**Brief:** Using the records that follow, work out the number of lines with the word "else" in them; reply with that number only.

Saved data entries:
----

-- ===== src/PoolCache/Cpmm.antt =====
-- src/pool_cache/cpmm.rs: the CPMM pool cache. The lock of the cache is taken for the read and again
-- for the write; liquidity in SOL, a floating-point number, and the database are left out, and keys
-- are taken as parsed. `text_lt` compares two keys as texts; `node` is the node as the calls of one
-- operation see it.
pub mod Served
pub mod Vaults
use solana_atomic_arbitrage.Base.{
  ℕ, suc, zero, ◌+◌, ◌<◌, Bool, true, false, ◌&&◌, ◌||◌, not, List, [], ◌∷◌, ◌++◌, map, Option,
  none, some, length, get_elem?, ltb, ◌==◌, ◌/=◌, if◌then◌else◌,
}
use solana_atomic_arbitrage.Base.Options.{◌>>=◌, ◌>>◌, none_if}
use solana_atomic_arbitrage.Client.Constants
use solana_atomic_arbitrage.Client.Pool.{key_at}
use solana_atomic_arbitrage.Client.Simulator.Raydium.{PoolStateData}
use solana_atomic_arbitrage.PoolCache.Entry.{CacheEntry, new, new_persisted, is_stale, cache_key}
use solana_atomic_arbitrage.PoolCache.Node.{Account, Node, vault_balances}
use solana_atomic_arbitrage.Router.Types.{Pubkey, Runtime, as_ref}

-- "t0:t1", or "addr:pool".
pub data CpmmKey : Type 0 where
  by_mints : Pubkey × Pubkey → CpmmKey
  by_address : Pubkey → CpmmKey

unfoldable pub same_key : CpmmKey → CpmmKey → Bool
same_key (by_mints (a, b)) (by_mints (c, d)) = (a == c) && (b == d)
same_key (by_address a) (by_address b) = a == b
same_key (by_mints p) (by_address b) = false
same_key (by_address a) (by_mints q) = false

-- CPMM_CACHE: the map as a function of the key.
abbrev pub CpmmCache : Type 0
CpmmCache = CpmmKey → Option (CacheEntry (Option PoolStateData))

unfoldable pub insert_entry : CpmmKey → CacheEntry (Option PoolStateData) → CpmmCache → CpmmCache
insert_entry key entry cache = λ k. if same_key k key then some entry else cache k

-- "pool", "pool_vault" and "amm_config"
abbrev pool_seed : List ℕ
pool_seed = 112 ∷ 111 ∷ 111 ∷ 108 ∷ []

abbrev pub pool_vault_seed : List ℕ
pool_vault_seed = 112 ∷ 111 ∷ 111 ∷ 108 ∷ 95 ∷ 118 ∷ 97 ∷ 117 ∷ 108 ∷ 116 ∷ []

abbrev amm_config_seed : List ℕ
amm_config_seed = 97 ∷ 109 ∷ 109 ∷ 95 ∷ 99 ∷ 111 ∷ 110 ∷ 102 ∷ 105 ∷ 103 ∷ []

abbrev pub vault_pda : Runtime → Pubkey → Pubkey → Pubkey
vault_pda rt pool mint =
    rt.find_program_address (pool_vault_seed ∷ as_ref pool ∷ as_ref mint ∷ [])
      Constants.cpmm_program

abbrev pool_pda : Runtime → Pubkey → Pubkey → Pubkey → Pubkey
pool_pda rt config t0 t1 =
    rt.find_program_address (pool_seed ∷ as_ref config ∷ as_ref t0 ∷ as_ref t1 ∷ [])
      Constants.cpmm_program

abbrev config_pda : Runtime → ℕ → Pubkey
config_pda rt idx =
    rt.find_program_address (amm_config_seed ∷ (0 ∷ idx ∷ []) ∷ []) Constants.cpmm_program

-- The candidates of the config indices 1 to 4: config and pool.
unfoldable pub config_candidates : Runtime → Pubkey → Pubkey → List (Pubkey × Pubkey)
config_candidates rt t0 t1 =
    map (λ idx. (config_pda rt idx, pool_pda rt (config_pda rt idx) t0 t1)) (1 ∷ 2 ∷ 3 ∷ 4 ∷ [])

-- The first candidate that has an account.
unfoldable pub first_found :
    List (Pubkey × Pubkey) → List (Option Account) → Option (Pubkey × Pubkey)
first_found (p ∷ ps) (some a ∷ as') = some p
first_found (p ∷ ps) (none ∷ as') = first_found ps as'
first_found _ _ = none

abbrev pool_of : Pubkey × Pubkey → Pubkey
pool_of p = p.1

-- The config and the pool account of two mints.
unfoldable pub find_pool : Runtime → Node → Pubkey → Pubkey → Option (Pubkey × Pubkey)
find_pool rt node t0 t1 = elim (node.get_account (pool_pda rt Constants.cpmm_amm_config t0 t1)) [
  | some a ↦ some (Constants.cpmm_amm_config, pool_pda rt Constants.cpmm_amm_config t0 t1)
  | none ↦ search_configs
]
  where
    search_configs : Option (Pubkey × Pubkey)
    search_configs = do
      accounts ← node.get_multiple_accounts (map pool_of (config_candidates rt t0 t1))
      first_found (config_candidates rt t0 t1) accounts

-- The test of the mints that were read against those that were asked for.
unfoldable pub mints_differ : Pubkey → Pubkey → Pubkey → Pubkey → Bool
mints_differ m0 m1 t0 t1 = ((m0 /= t0) || (m1 /= t1)) && ((m0 /= t1) || (m1 /= t0))

unfoldable pub read_pool : Runtime → Node → Pubkey → Pubkey → Option PoolStateData
read_pool rt node t0 t1 = do
  found ← find_pool rt node t0 t1
  account ← node.get_account found.1
  none_if (ltb (length account.bytes) 232)
  none_if (mints_differ (key_at account.bytes 168) (key_at account.bytes 200) t0 t1)
  let amounts = vault_balances node (vault_pda rt found.1 t0) (vault_pda rt found.1 t1)
  some (record {
    pool_pubkey = found.1;
    config_pubkey = found.0;
    token_0_mint = key_at account.bytes 168;
    token_1_mint = key_at account.bytes 200;
    token_0_vault = vault_pda rt found.1 t0;
    token_1_vault = vault_pda rt found.1 t1;
    token_0_vault_raw = amounts.0;
    token_1_vault_raw = amounts.1;
  })

-- `fetch_cpmm_pool`: the mints are first put in the order of their texts.
unfoldable pub fetch_cpmm_pool :
    (Pubkey → Pubkey → Bool) → Runtime → Node → Pubkey → Pubkey → Option PoolStateData
fetch_cpmm_pool text_lt rt node t0 t1 =
    let (token_0, token_1) = cache_key text_lt t0 t1 in read_pool rt node token_0 token_1

unfoldable pub read_pool_state_at : Runtime → Node → Pubkey → Option PoolStateData
read_pool_state_at rt node pool = do
  account ← node.get_account pool
  none_if (ltb (length account.bytes) 232)
  let m0 = key_at account.bytes 168
  let m1 = key_at account.bytes 200
  let amounts = vault_balances node (vault_pda rt pool m0) (vault_pda rt pool m1)
  some (record {
    pool_pubkey = pool;
    config_pubkey = key_at account.bytes 8;
    token_0_mint = m0;
    token_1_mint = m1;
    token_0_vault = vault_pda rt pool m0;
    token_1_vault = vault_pda rt pool m1;
    token_0_vault_raw = amounts.0;
    token_1_vault_raw = amounts.1;
  })

-- An entry that is there and not stale: what a read is served from.
unfoldable pub fresh_entry : CpmmCache → CpmmKey → ℕ → Option (CacheEntry (Option PoolStateData))
fresh_entry cache key now = elim (cache key) [
  | none ↦ none
  | some entry ↦ if is_stale entry now then none else some entry
]

module _ (text_lt : Pubkey → Pubkey → Bool) (rt : Runtime) (node : Node) where
  -- `fetch_cpmm_now`, with the pool state in place of its liquidity: `now` is the instant of the
  -- look-up in `cache`, `stamp` that of the write to `locked`.
  unfoldable pub fetch_cpmm_now :
      Pubkey → Pubkey → ℕ → ℕ → CpmmCache → CpmmCache → CpmmCache × Option PoolStateData
  fetch_cpmm_now t0 t1 now stamp cache locked =
      let key = by_mints (cache_key text_lt t0 t1) in
      let state = fetch_cpmm_pool text_lt rt node t0 t1 in
      elim (fresh_entry cache key now) [
        | some entry ↦ (locked, entry.value)
        | none ↦ (insert_entry key (new stamp state) locked, state)
      ]

  -- Whether the entry by mints is missing or empty.
  abbrev should_insert : CpmmCache → CpmmKey → Bool
  should_insert cache key = elim (cache key) [
    | none ↦ true
    | some entry ↦ elim entry.value [ none ↦ true | some s ↦ false ]
  ]

  -- The writes of `fetch_cpmm_by_address`: each entry reads the clock for itself.
  unfoldable pub store_by_address : Pubkey → ℕ → ℕ → Option PoolStateData → CpmmCache → CpmmCache
  store_by_address pool stamp stamp_by_mints none cache =
      insert_entry (by_address pool) (new stamp none) cache
  store_by_address pool stamp stamp_by_mints (some s) cache =
      let cache' = insert_entry (by_address pool) (new stamp (some s)) cache in
      let key = by_mints (cache_key text_lt s.token_0_mint s.token_1_mint) in
      if should_insert cache' key
      then insert_entry key (new stamp_by_mints (some s)) cache'
      else cache'

  -- `now` is the instant of the look-up in `cache`; the calls of the node and the wait for the lock
  -- come between it and the two stamps, and `locked` is the cache that the write finds.
  unfoldable pub fetch_cpmm_by_address :
      Pubkey → ℕ → ℕ → ℕ → CpmmCache → CpmmCache → CpmmCache × Option PoolStateData
  fetch_cpmm_by_address pool now stamp stamp_by_mints cache locked =
      let state = read_pool_state_at rt node pool in
      elim (fresh_entry cache (by_address pool) now) [
        | some entry ↦ (locked, entry.value)
        | none ↦ (store_by_address pool stamp stamp_by_mints state locked, state)
      ]

  -- src/pool_cache/mod.rs, `get_pool_state`.
  unfoldable pub get_pool_state : CpmmCache → Pubkey → Pubkey → ℕ → Option PoolStateData
  get_pool_state cache t0 t1 now = do
    entry ← fresh_entry cache (by_mints (cache_key text_lt t0 t1)) now
    entry.value

  -- The loop of `load_cpmm_pools` over the rows (mint a, mint b, pool, config); a vault that is not
  -- known yet is the empty text.
  unfoldable pub load_cpmm_pools :
      Pubkey → ℕ → List (Pubkey × Pubkey × Pubkey × Pubkey) → CpmmCache → CpmmCache
  load_cpmm_pools no_key now [] cache = cache
  load_cpmm_pools no_key now ((mint_a, mint_b, pool, config) ∷ rows) cache =
      let key = by_mints (cache_key text_lt mint_a mint_b) in
      let state : PoolStateData = record {
        pool_pubkey = pool;
        config_pubkey = config;
        token_0_mint = mint_a;
        token_1_mint = mint_b;
        token_0_vault = no_key;
        token_1_vault = no_key;
        token_0_vault_raw = 0;
        token_1_vault_raw = 0;
      } in
      let kept : CpmmCache = elim (cache key) [
        | some entry ↦ cache
        | none ↦ insert_entry key (new_persisted now (some state)) cache
      ] in
      load_cpmm_pools no_key now rows kept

----

**Task solution:** 4